Output only the lines below from the one containing "actions_tracked = t;" to the one containing "(add_member g u) ≡ true", exactly as written, both ends kept.

● Data extracted from a collection:
== Segment start ==

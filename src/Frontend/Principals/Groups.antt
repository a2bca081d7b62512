-- ===== src/Frontend/Principals/Groups.antt =====
-- The groups tab of frontend/src/components/PrincipalAdmin.tsx, with its section for members, on the
-- handlers of frontend/src/routes/Principals.tsx. A disabled button or input does nothing. `pick` opens
-- the section for a group; the section is mounted anew only if none was open.
pub mod Sent
pub mod Retry
use monok8s.Prelude.{
  Bool, true, false, Option, none, some, List, [], ◌∷◌, Text, is_some, if◌then◌else◌,
}
use monok8s.Services.{Result, Group}
use monok8s.Api.Router.{Mutation, add_member, remove_member}
use monok8s.Api.Router.Schemas.{CreateGroupInput}
use monok8s.Frontend.Principals.{
  Validated, valid, invalid, validate_group_form, validate_member_user_id,
}
use monok8s.Frontend.Principals.Handlers.{
  Stage, idle, Signals, at_rest, begin, on_mutated, on_refetched,
}

-- What the client is asked to send.
pub data Request : Type 0 where
  create : CreateGroupInput → Request
  delete : Text → Request
  member : Mutation → Request

-- `clears` says that the handler in flight clears the inputs at its end. `sent` is newest first.
pub record Groups : Type 0 where
  pub name : Text
  pub parent : Text
  pub client_error : Option Text
  pub actions : Signals
  pub clears : Bool
  pub selected : Option Group
  pub user_id : Text
  pub member_error : Option Text
  pub members : Signals
  pub member_clears : Bool
  pub sent : List Request

abbrev pub opened : Groups
opened = record {
  name = [];
  parent = [];
  client_error = none;
  actions = at_rest;
  clears = false;
  selected = none;
  user_id = [];
  member_error = none;
  members = at_rest;
  member_clears = false;
  sent = [];
}

pub data Event : Type 0 where
  type_name type_parent type_user : Text → Event
  submit close add remove : Event
  delete_row : Text → Event
  pick : Group → Event
  -- The tab is left, and shown again: the component's own signals start anew.
  remount : Event
  mutated refetched member_mutated member_refetched : Result (Unit {0}) → Event

-- handleCreate, up to its `await`
abbrev pub submitted : Validated CreateGroupInput → Groups → Groups
submitted (invalid e) s = record s { client_error = some e }
submitted (valid input) s = record s {
  client_error = none;
  actions = begin;
  clears = true;
  sent = create input ∷ s.sent;
}

-- dispatch, up to its `await`; the group is the selected one.
abbrev pub dispatched : (Text → Text → Mutation) → Option Group → Validated Text → Groups → Groups
dispatched mutation none r s = s
dispatched mutation (some g) (invalid e) s = record s { member_error = some e }
dispatched mutation (some g) (valid id) s = record s {
  member_error = none;
  members = begin;
  member_clears = true;
  sent = member (mutation g.id id) ∷ s.sent;
}

-- What follows the `await` of handleCreate, once the handler of the route has ended: it never throws.
abbrev pub ended : Stage → Groups → Groups
ended idle s = record s {
  name = if s.clears then [] else s.name;
  parent = if s.clears then [] else s.parent;
  clears = false;
}
ended _ s = s

abbrev pub member_ended : Stage → Groups → Groups
member_ended idle s = record s {
  user_id = if s.member_clears then [] else s.user_id;
  member_clears = false;
}
member_ended _ s = s

abbrev pub with_actions : Signals → Groups → Groups
with_actions a s = ended a.stage (record s { actions = a })

abbrev pub with_members : Signals → Groups → Groups
with_members a s = member_ended a.stage (record s { members = a })

-- A section that was not open is mounted with fresh signals.
abbrev pub picked : Group → Groups → Groups
picked g s = record s {
  selected = some g;
  user_id = if is_some s.selected then s.user_id else [];
  member_error = if is_some s.selected then s.member_error else none;
  member_clears = if is_some s.selected then s.member_clears else false;
}

unfoldable pub on_event : Event → Groups → Groups
on_event (type_name t) s = if s.actions.pending then s else record s { name = t }
on_event (type_parent t) s = if s.actions.pending then s else record s { parent = t }
on_event (type_user t) s = if s.members.pending then s else record s { user_id = t }
on_event submit s =
    if s.actions.pending then s else submitted (validate_group_form s.name s.parent) s
on_event (delete_row id) s =
    if s.actions.pending
    then s
    else record s { client_error = none; actions = begin; sent = delete id ∷ s.sent }
on_event (pick g) s = if s.actions.pending then s else if s.members.pending then s else picked g s
on_event close s = if s.members.pending then s else record s { selected = none }
on_event add s =
    if s.members.pending
    then s
    else dispatched add_member s.selected (validate_member_user_id s.user_id) s
on_event remove s =
    if s.members.pending
    then s
    else dispatched remove_member s.selected (validate_member_user_id s.user_id) s
on_event remount s = record s {
  name = [];
  parent = [];
  client_error = none;
  clears = false;
  user_id = [];
  member_error = none;
  member_clears = false;
}
on_event (mutated r) s = with_actions (on_mutated true s.actions.stage r s.actions) s
on_event (refetched r) s = with_actions (on_refetched s.actions.stage r s.actions) s
on_event (member_mutated r) s = with_members (on_mutated true s.members.stage r s.members) s
on_event (member_refetched r) s = with_members (on_refetched s.members.stage r s.members) s

unfoldable pub run : List Event → Groups → Groups
run [] s = s
run (e ∷ es) s = run es (on_event e s)

-- What the tab shows: the component's own error before the route's.
abbrev pub display_error : Groups → Option Text
display_error s = elim s.client_error [ some e ↦ some e | none ↦ s.actions.error ]
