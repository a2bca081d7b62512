-- ===== src/Frontend/Principals/Groups/Retry.antt =====
-- What is left in the form of the groups tab when a creation fails.
use monok8s.Prelude.{◌≡◌, refl, false, some, [], ◌∷◌}
use monok8s.Services.{ok, throw, Thrown}
use monok8s.Services.Exec.{detail_of}
use monok8s.Api.Router.Schemas.{CreateGroupInput}
use monok8s.Frontend.Principals.{valid, validate_group_form}
use monok8s.Frontend.Principals.Handlers.{on_mutated, on_refetched}
use monok8s.Frontend.Principals.Groups.{
  Groups, submit, mutated, refetched, create, on_event, run, display_error,
}

-- The form is empty, the error shown is the server's, and the creation was asked for once.
pub record Emptied (s s' : Groups) (input : CreateGroupInput) (e : Thrown) : Type 0 where
  pub name : s'.name ≡ []
  pub parent : s'.parent ≡ []
  pub error : display_error s' ≡ some (detail_of e)
  pub sent : s'.sent ≡ create input ∷ s.sent

-- A creation that the server refuses empties the form's two inputs, as one that succeeds does: the input is
-- not kept for a retry. So does one whose refetch fails. The form was valid, and nothing was in flight.
pub submit-Emptied :
    (s : Groups) (input : CreateGroupInput) (e : Thrown)
    → s.actions.pending ≡ false
    → validate_group_form s.name s.parent ≡ valid input
    → Emptied s (run (submit ∷ mutated (throw e) ∷ []) s) input e
      × Emptied s (run (submit ∷ mutated (ok tt) ∷ refetched (throw e) ∷ []) s) input e
unfolding run on_event on_mutated on_refetched
submit-Emptied s input e p v =
    rw (p, v)
      (
        record { name = refl; parent = refl; error = refl; sent = refl },
        record { name = refl; parent = refl; error = refl; sent = refl },
      )
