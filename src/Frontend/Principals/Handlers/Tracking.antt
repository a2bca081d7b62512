-- ===== src/Frontend/Principals/Handlers/Tracking.antt =====
-- The flag that disables the buttons follows what is in flight.
use monok8s.Prelude.{◌≡◌, Bool, arith}
use monok8s.Services.{Result}
use monok8s.Frontend.Principals.Handlers.{Stage, Signals, is_busy, on_mutated, on_refetched}

-- The flag `pending` is set just while a mutation or its refetch is in flight.
abbrev pub Tracks : Signals → Type 0
Tracks s = s.pending ≡ is_busy s.stage

pub on_mutated-Tracks :
    (b : Bool) (stage : Stage) (r : Result (Unit {0})) (s : Signals)
    → s.stage ≡ stage
    → Tracks s
    → Tracks (on_mutated b stage r s)
unfolding on_mutated
on_mutated-Tracks b stage r s e t = ground arith

pub on_refetched-Tracks :
    (stage : Stage) (r : Result (Unit {0})) (s : Signals)
    → s.stage ≡ stage
    → Tracks s
    → Tracks (on_refetched stage r s)
unfolding on_refetched
on_refetched-Tracks stage r s e t = ground arith
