-- ===== src/Frontend/Principals/Groups/Sent.antt =====
-- Every request of the groups tab is one that the server's schemas accept, and a section never has two
-- mutations in flight.
use monok8s.Prelude.{
  ◌≡◌, refl, Bool, true, false, All, Option, none, some, List, [], ◌∷◌, Text, if◌then◌else◌,
}
use monok8s.Services.{Group}
use monok8s.Api.Router.{Mutation, add_member, remove_member, accepts}
use monok8s.Api.Router.Schemas.{
  CreateGroupInput, accepts_create_group, accepts_id, accepts_mutation,
}
use monok8s.Frontend.Principals.{
  Validated, valid, invalid, matches_uuid, validate_group_form, validate_member_user_id,
}
use monok8s.Frontend.Principals.Forms.{
  validate_group_form-accepted, validate_member_user_id-accepted,
}
use monok8s.Frontend.Principals.Handlers.Tracking.{Tracks, on_mutated-Tracks, on_refetched-Tracks}
use monok8s.Frontend.Principals.Handlers.{
  Stage, idle, mutating, refetching, Signals, on_mutated, on_refetched, begin,
}
use monok8s.Frontend.Principals.Groups.{
  Request, create, delete, member, Groups, opened, Event, type_name, type_parent, type_user, submit,
  close, add, remove, delete_row, pick, remount, mutated, refetched, member_mutated,
  member_refetched, picked, submitted, dispatched, ended, member_ended, with_actions, with_members,
  on_event, run,
}

module _ (is_uuid : Text → Bool)
    (uuids : (t : Text) → matches_uuid t ≡ true → is_uuid t ≡ true) where
  abbrev pub IsAccepted : Request → Type 0
  IsAccepted (create input) = accepts_create_group is_uuid input ≡ true
  IsAccepted (delete id) = accepts_id is_uuid id ≡ true
  IsAccepted (member m) = accepts_mutation is_uuid m ≡ true

  abbrev pub HasUuid : Option Group → Type 0
  HasUuid none = Unit
  HasUuid (some g) = is_uuid g.id ≡ true

  -- The rows on which the user clicks have IDs that are UUIDs.
  abbrev pub IsOfRows : Event → Type 0
  IsOfRows (pick g) = is_uuid g.id ≡ true
  IsOfRows (delete_row id) = is_uuid id ≡ true
  IsOfRows _ = Unit

  pub record Sound (actions members : Signals) (selected : Option Group) (sent : List Request)
      : Type 0 where
    pub actions_tracked : Tracks actions
    pub members_tracked : Tracks members
    pub selected_row : HasUuid selected
    pub accepted : All IsAccepted sent

  abbrev pub IsSound : Groups → Type 0
  IsSound s = Sound s.actions s.members s.selected s.sent

  guarded : (b : Bool) (s t : Groups) → IsSound s → IsSound t → IsSound (if b then s else t)
  guarded true s t i j = i
  guarded false s t i j = j

  submitted-IsSound :
      (r : Validated CreateGroupInput) (s : Groups)
      → ((input : CreateGroupInput) → r ≡ valid input → accepts_create_group is_uuid input ≡ true)
      → IsSound s
      → IsSound (submitted r s)
  submitted-IsSound (valid input) s h i = record {
    actions_tracked = refl;
    members_tracked = i.members_tracked;
    selected_row = i.selected_row;
    accepted = (h input refl, i.accepted);
  }
  submitted-IsSound (invalid e) s h i = i

  dispatched-IsSound :
      (mutation : Text → Text → Mutation) (r : Validated Text) (o : Option Group) (s : Groups)
      → ((g u : Text)
          → is_uuid g ≡ true
          → is_uuid u ≡ true
          → accepts_mutation is_uuid (mutation g u) ≡ true)
      → ((id : Text) → r ≡ valid id → is_uuid id ≡ true)
      → HasUuid o
      → IsSound s
      → IsSound (dispatched mutation o r s)
  dispatched-IsSound mutation r none s m h u i = i
  dispatched-IsSound mutation (invalid e) (some g) s m h u i = i
  dispatched-IsSound mutation (valid id) (some g) s m h u i = record {
    actions_tracked = i.actions_tracked;
    members_tracked = refl;
    selected_row = i.selected_row;
    accepted = (m g.id id u (h id refl), i.accepted);
  }

  ended-IsSound : (stage : Stage) (s : Groups) → IsSound s → IsSound (ended stage s)
  ended-IsSound idle s i = i
  ended-IsSound mutating s i = i
  ended-IsSound refetching s i = i

  member_ended-IsSound : (stage : Stage) (s : Groups) → IsSound s → IsSound (member_ended stage s)
  member_ended-IsSound idle s i = i
  member_ended-IsSound mutating s i = i
  member_ended-IsSound refetching s i = i

  with_actions-IsSound :
      (a : Signals) (s : Groups) → Tracks a → IsSound s → IsSound (with_actions a s)
  with_actions-IsSound a s t i =
      ended-IsSound a.stage (record s { actions = a })
        (record {
          actions_tracked = t;
          members_tracked = i.members_tracked;
          selected_row = i.selected_row;
          accepted = i.accepted;
        })

  with_members-IsSound :
      (a : Signals) (s : Groups) → Tracks a → IsSound s → IsSound (with_members a s)
  with_members-IsSound a s t i =
      member_ended-IsSound a.stage (record s { members = a })
        (record {
          actions_tracked = i.actions_tracked;
          members_tracked = t;
          selected_row = i.selected_row;
          accepted = i.accepted;
        })

  add-accepted :
      (g u : Text)
      → is_uuid g ≡ true
      → is_uuid u ≡ true
      → accepts_mutation is_uuid (add_member g u) ≡ true
  unfolding accepts_mutation accepts
  add-accepted g u p q = rw (p, q) refl

  remove-accepted :
      (g u : Text)
      → is_uuid g ≡ true
      → is_uuid u ≡ true
      → accepts_mutation is_uuid (remove_member g u) ≡ true
  unfolding accepts_mutation accepts
  remove-accepted g u p q = rw (p, q) refl

  group_form :
      (s : Groups) (input : CreateGroupInput)
      → validate_group_form s.name s.parent ≡ valid input
      → accepts_create_group is_uuid input ≡ true
  group_form s = validate_group_form-accepted is_uuid uuids s.name s.parent

  member_form :
      (s : Groups) (id : Text) → validate_member_user_id s.user_id ≡ valid id → is_uuid id ≡ true
  member_form s = validate_member_user_id-accepted is_uuid uuids s.user_id

  on_event-IsSound : (e : Event) (s : Groups) → IsOfRows e → IsSound s → IsSound (on_event e s)
  unfolding on_event
  on_event-IsSound (type_name t) s r i = guarded s.actions.pending s (record s { name = t }) i i
  on_event-IsSound (type_parent t) s r i = guarded s.actions.pending s (record s { parent = t }) i i
  on_event-IsSound (type_user t) s r i = guarded s.members.pending s (record s { user_id = t }) i i
  on_event-IsSound submit s r i =
      let form = validate_group_form s.name s.parent in
      guarded s.actions.pending s (submitted form s) i (submitted-IsSound form s (group_form s) i)
  on_event-IsSound (delete_row id) s r i =
      guarded s.actions.pending s
        (record s { client_error = none; actions = begin; sent = delete id ∷ s.sent }) i
        (record {
          actions_tracked = refl;
          members_tracked = i.members_tracked;
          selected_row = i.selected_row;
          accepted = (r, i.accepted);
        })
  on_event-IsSound (pick g) s r i =
      guarded s.actions.pending s (if s.members.pending then s else picked g s) i (
        guarded s.members.pending s (picked g s) i (record {
          actions_tracked = i.actions_tracked;
          members_tracked = i.members_tracked;
          selected_row = r;
          accepted = i.accepted;
        }))
  on_event-IsSound close s r i =
      guarded s.members.pending s (record s { selected = none }) i
        (record {
          actions_tracked = i.actions_tracked;
          members_tracked = i.members_tracked;
          selected_row = tt;
          accepted = i.accepted;
        })
  on_event-IsSound add s r i =
      let form = validate_member_user_id s.user_id in
      guarded s.members.pending s (dispatched add_member s.selected form s) i (
        dispatched-IsSound add_member form s.selected s add-accepted (member_form s) i.selected_row
          i)
  on_event-IsSound remove s r i =
      let form = validate_member_user_id s.user_id in
      guarded s.members.pending s (dispatched remove_member s.selected form s) i (
        dispatched-IsSound remove_member form s.selected s remove-accepted (member_form s)
          i.selected_row i)
  on_event-IsSound remount s r i = i
  on_event-IsSound (mutated a) s r i =
      with_actions-IsSound (on_mutated true s.actions.stage a s.actions) s
        (on_mutated-Tracks true s.actions.stage a s.actions refl i.actions_tracked) i
  on_event-IsSound (refetched a) s r i =
      with_actions-IsSound (on_refetched s.actions.stage a s.actions) s
        (on_refetched-Tracks s.actions.stage a s.actions refl i.actions_tracked) i
  on_event-IsSound (member_mutated a) s r i =
      with_members-IsSound (on_mutated true s.members.stage a s.members) s
        (on_mutated-Tracks true s.members.stage a s.members refl i.members_tracked) i
  on_event-IsSound (member_refetched a) s r i =
      with_members-IsSound (on_refetched s.members.stage a s.members) s
        (on_refetched-Tracks s.members.stage a s.members refl i.members_tracked) i

  run-keeps : (es : List Event) (s : Groups) → All IsOfRows es → IsSound s → IsSound (run es s)
  unfolding run
  run-keeps [] s r i = i
  run-keeps (e ∷ es) s r i = run-keeps es (on_event e s) r.1 (on_event-IsSound e s r.0 i)

  -- Whatever the user types and clicks, however the server's answers fall among that: every request that
  -- the groups tab has sent is one that the schemas of the server accept, and each of its two flags
  -- `pending` is set just while a mutation or the refetch after it is in flight. The rows' IDs are UUIDs,
  -- and zod's test takes every text that the client's expression takes.
  pub run-IsSound : (es : List Event) → All IsOfRows es → IsSound (run es opened)
  run-IsSound es r =
      run-keeps es opened r (record {
        actions_tracked = refl;
        members_tracked = refl;
        selected_row = tt;
        accepted = tt;
      })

== Segment end ==

● Written answer:
          actions_tracked = t;
          members_tracked = i.members_tracked;
          selected_row = i.selected_row;
          accepted = i.accepted;
        })

  with_members-IsSound :
      (a : Signals) (s : Groups) → Tracks a → IsSound s → IsSound (with_members a s)
  with_members-IsSound a s t i =
      member_ended-IsSound a.stage (record s { members = a })
        (record {
          actions_tracked = i.actions_tracked;
          members_tracked = t;
          selected_row = i.selected_row;
          accepted = i.accepted;
        })

  add-accepted :
      (g u : Text)
      → is_uuid g ≡ true
      → is_uuid u ≡ true
      → accepts_mutation is_uuid (add_member g u) ≡ true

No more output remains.